Go through the data and copy each line that holds "higher".

Stored data:
========================

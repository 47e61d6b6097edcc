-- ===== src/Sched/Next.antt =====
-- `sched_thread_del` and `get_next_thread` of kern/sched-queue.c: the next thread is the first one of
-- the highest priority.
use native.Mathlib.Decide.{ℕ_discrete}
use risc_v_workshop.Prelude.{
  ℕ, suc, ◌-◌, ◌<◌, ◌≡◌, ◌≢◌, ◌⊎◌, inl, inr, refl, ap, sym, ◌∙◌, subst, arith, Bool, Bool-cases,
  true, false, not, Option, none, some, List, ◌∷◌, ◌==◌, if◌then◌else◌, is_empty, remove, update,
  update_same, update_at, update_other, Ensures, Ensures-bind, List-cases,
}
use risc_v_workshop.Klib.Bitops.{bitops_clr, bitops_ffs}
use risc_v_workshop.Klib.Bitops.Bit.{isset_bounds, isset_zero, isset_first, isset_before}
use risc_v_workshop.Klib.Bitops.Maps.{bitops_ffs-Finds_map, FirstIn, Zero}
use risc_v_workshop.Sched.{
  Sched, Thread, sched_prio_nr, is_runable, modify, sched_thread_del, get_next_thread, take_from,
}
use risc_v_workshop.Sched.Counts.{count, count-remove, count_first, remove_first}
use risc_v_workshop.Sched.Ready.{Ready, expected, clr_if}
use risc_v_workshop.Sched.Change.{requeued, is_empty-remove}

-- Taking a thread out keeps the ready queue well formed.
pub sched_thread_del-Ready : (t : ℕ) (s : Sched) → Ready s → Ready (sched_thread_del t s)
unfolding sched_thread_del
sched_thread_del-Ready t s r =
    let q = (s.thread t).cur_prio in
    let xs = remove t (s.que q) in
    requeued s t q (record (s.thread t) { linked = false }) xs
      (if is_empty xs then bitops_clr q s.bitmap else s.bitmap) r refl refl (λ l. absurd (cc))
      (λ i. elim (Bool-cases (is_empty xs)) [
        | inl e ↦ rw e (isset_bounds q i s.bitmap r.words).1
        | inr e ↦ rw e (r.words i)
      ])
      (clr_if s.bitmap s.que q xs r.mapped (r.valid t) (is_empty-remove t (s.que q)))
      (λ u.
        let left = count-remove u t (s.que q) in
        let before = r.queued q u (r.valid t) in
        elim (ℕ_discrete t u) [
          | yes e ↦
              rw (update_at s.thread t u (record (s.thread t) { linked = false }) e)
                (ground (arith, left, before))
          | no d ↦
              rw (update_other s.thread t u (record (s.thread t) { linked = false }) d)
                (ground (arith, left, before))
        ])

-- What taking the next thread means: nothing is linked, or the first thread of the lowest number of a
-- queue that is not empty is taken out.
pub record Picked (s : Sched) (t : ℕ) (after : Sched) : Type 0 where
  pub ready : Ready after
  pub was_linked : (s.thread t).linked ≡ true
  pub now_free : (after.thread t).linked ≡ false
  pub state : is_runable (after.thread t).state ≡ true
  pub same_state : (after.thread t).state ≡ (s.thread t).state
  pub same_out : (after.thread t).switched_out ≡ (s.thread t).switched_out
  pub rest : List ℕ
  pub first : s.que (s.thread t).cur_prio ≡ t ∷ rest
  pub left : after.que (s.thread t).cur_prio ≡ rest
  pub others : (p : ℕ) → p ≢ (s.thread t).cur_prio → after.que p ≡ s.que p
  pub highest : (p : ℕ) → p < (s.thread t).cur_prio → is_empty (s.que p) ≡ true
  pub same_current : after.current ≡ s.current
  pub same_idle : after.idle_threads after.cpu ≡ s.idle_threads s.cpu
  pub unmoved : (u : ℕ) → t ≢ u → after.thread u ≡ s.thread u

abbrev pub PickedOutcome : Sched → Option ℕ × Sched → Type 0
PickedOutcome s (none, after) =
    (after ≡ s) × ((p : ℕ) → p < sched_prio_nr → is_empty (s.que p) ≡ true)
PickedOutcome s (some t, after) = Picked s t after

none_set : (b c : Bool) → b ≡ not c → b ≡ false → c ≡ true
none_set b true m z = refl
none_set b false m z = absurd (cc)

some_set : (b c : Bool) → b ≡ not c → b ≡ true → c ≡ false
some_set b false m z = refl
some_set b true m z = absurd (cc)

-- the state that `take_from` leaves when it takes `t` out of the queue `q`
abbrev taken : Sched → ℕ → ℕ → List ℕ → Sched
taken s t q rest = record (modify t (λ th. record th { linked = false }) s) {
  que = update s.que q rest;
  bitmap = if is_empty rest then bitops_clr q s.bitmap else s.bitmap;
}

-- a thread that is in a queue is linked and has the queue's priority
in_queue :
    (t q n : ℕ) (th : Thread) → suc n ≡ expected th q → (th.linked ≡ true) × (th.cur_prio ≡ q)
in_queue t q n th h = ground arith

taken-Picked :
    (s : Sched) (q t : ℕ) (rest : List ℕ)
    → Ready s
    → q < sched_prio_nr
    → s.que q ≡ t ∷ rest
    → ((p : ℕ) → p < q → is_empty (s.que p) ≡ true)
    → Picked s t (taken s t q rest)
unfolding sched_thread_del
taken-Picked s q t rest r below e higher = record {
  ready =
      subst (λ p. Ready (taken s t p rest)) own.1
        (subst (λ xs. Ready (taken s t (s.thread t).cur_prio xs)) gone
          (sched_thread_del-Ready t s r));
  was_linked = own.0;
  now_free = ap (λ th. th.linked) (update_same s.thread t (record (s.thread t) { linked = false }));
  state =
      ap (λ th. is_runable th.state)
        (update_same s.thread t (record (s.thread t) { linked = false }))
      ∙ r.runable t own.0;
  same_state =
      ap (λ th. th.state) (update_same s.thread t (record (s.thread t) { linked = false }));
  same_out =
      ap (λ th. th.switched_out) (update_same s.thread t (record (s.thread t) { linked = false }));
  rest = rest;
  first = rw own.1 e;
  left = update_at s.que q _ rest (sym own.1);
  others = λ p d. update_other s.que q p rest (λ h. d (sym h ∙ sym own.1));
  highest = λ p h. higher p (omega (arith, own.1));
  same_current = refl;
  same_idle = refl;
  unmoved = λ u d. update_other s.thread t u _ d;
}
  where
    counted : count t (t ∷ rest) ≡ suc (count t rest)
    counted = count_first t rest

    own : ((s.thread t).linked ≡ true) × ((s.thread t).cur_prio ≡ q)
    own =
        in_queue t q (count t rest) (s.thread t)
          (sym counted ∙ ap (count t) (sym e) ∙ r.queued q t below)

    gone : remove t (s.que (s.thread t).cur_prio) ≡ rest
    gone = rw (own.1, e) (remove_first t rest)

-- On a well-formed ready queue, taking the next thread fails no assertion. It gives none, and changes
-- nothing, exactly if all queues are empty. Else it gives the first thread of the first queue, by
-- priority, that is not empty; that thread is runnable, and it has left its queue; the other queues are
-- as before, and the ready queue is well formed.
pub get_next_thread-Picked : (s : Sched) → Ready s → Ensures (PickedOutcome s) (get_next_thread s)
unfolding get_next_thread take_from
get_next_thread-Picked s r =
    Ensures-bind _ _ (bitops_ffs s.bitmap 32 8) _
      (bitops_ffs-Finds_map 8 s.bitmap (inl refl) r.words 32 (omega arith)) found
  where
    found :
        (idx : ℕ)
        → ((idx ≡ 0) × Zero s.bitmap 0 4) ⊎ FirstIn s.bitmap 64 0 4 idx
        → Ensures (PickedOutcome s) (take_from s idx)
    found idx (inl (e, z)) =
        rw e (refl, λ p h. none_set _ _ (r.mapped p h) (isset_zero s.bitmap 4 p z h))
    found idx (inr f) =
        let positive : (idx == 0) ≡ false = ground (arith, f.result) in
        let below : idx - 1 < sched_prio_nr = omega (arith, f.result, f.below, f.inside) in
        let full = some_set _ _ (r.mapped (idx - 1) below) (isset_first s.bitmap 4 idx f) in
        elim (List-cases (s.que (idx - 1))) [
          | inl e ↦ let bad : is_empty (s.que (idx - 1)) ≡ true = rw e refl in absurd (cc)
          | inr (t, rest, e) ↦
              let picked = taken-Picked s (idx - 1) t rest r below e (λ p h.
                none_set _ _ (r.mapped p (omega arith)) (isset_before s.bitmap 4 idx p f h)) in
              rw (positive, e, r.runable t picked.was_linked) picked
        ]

========================

- _PROBLEM SOLUTION_:
taken-Picked s q t rest r below e higher = record {
  highest = λ p h. higher p (omega (arith, own.1));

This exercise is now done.